BEGIN TASK DATA
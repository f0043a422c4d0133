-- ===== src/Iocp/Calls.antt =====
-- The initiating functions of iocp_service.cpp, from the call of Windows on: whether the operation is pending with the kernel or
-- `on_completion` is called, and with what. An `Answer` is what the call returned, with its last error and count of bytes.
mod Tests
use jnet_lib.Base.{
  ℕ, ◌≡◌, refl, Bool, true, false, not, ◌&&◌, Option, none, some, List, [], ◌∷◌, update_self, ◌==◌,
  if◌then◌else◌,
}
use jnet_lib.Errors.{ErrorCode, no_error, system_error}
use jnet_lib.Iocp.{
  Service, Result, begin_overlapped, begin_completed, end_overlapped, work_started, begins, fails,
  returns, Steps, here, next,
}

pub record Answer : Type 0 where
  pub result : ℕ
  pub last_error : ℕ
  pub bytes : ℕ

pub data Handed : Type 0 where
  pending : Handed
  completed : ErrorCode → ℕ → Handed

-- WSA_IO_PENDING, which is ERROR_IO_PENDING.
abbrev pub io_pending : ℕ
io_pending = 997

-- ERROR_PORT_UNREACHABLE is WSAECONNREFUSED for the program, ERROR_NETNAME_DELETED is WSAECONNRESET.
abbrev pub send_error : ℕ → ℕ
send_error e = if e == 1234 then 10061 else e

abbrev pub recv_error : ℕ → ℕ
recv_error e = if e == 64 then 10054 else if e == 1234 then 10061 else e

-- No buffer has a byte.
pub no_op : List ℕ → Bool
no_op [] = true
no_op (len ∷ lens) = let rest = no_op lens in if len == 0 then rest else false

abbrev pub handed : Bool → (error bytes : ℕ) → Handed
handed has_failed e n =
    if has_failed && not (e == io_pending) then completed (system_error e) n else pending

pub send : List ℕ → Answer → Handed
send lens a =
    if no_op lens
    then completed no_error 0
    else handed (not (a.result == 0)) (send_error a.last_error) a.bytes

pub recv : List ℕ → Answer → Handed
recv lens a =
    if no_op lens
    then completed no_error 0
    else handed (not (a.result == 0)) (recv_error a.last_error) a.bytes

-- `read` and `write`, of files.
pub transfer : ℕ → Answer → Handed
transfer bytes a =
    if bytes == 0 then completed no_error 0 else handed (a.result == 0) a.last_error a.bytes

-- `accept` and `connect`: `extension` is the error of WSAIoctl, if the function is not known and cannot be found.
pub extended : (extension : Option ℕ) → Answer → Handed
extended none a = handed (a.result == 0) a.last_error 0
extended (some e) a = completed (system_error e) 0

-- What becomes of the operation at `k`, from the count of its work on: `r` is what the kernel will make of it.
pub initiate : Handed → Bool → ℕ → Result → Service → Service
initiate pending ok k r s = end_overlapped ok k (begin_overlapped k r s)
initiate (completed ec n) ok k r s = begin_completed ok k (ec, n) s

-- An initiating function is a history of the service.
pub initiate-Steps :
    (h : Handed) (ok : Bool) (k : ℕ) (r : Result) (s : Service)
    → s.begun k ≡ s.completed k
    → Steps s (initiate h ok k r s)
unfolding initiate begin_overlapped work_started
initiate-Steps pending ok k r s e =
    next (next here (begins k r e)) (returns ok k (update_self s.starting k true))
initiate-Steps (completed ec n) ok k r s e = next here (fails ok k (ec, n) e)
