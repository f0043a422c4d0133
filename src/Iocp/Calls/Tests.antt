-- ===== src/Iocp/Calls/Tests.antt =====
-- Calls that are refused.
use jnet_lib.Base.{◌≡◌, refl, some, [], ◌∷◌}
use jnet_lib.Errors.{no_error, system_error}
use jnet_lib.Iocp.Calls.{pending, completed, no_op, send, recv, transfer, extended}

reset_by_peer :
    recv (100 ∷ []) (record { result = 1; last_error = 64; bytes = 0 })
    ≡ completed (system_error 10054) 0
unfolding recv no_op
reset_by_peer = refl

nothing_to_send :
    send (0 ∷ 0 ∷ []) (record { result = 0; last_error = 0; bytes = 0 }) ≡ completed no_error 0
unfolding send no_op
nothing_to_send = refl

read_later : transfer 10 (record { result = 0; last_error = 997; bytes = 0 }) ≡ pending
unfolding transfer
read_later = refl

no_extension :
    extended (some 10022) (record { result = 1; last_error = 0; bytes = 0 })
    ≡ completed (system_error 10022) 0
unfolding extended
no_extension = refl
END TASK DATA
» **PROBLEM STATEMENT**
The lines needed run from the first line of the data through the line containing "recv lens a"; give them again exactly and nothing else.

» **WRITTEN RESPONSE**
repository f0043a422c4d0133
-- ===== src/Iocp/Calls.antt =====
-- The initiating functions of iocp_service.cpp, from the call of Windows on: whether the operation is pending with the kernel or
-- `on_completion` is called, and with what. An `Answer` is what the call returned, with its last error and count of bytes.
mod Tests
use jnet_lib.Base.{
  ℕ, ◌≡◌, refl, Bool, true, false, not, ◌&&◌, Option, none, some, List, [], ◌∷◌, update_self, ◌==◌,
  if◌then◌else◌,
}
use jnet_lib.Errors.{ErrorCode, no_error, system_error}
use jnet_lib.Iocp.{
  Service, Result, begin_overlapped, begin_completed, end_overlapped, work_started, begins, fails,
  returns, Steps, here, next,
}

pub record Answer : Type 0 where
  pub result : ℕ
  pub last_error : ℕ
  pub bytes : ℕ

pub data Handed : Type 0 where
  pending : Handed
  completed : ErrorCode → ℕ → Handed

-- WSA_IO_PENDING, which is ERROR_IO_PENDING.
abbrev pub io_pending : ℕ
io_pending = 997

-- ERROR_PORT_UNREACHABLE is WSAECONNREFUSED for the program, ERROR_NETNAME_DELETED is WSAECONNRESET.
abbrev pub send_error : ℕ → ℕ
send_error e = if e == 1234 then 10061 else e

abbrev pub recv_error : ℕ → ℕ
recv_error e = if e == 64 then 10054 else if e == 1234 then 10061 else e

-- No buffer has a byte.
pub no_op : List ℕ → Bool
no_op [] = true
no_op (len ∷ lens) = let rest = no_op lens in if len == 0 then rest else false

abbrev pub handed : Bool → (error bytes : ℕ) → Handed
handed has_failed e n =
    if has_failed && not (e == io_pending) then completed (system_error e) n else pending

pub send : List ℕ → Answer → Handed
send lens a =
    if no_op lens
    then completed no_error 0
    else handed (not (a.result == 0)) (send_error a.last_error) a.bytes

pub recv : List ℕ → Answer → Handed
recv lens a =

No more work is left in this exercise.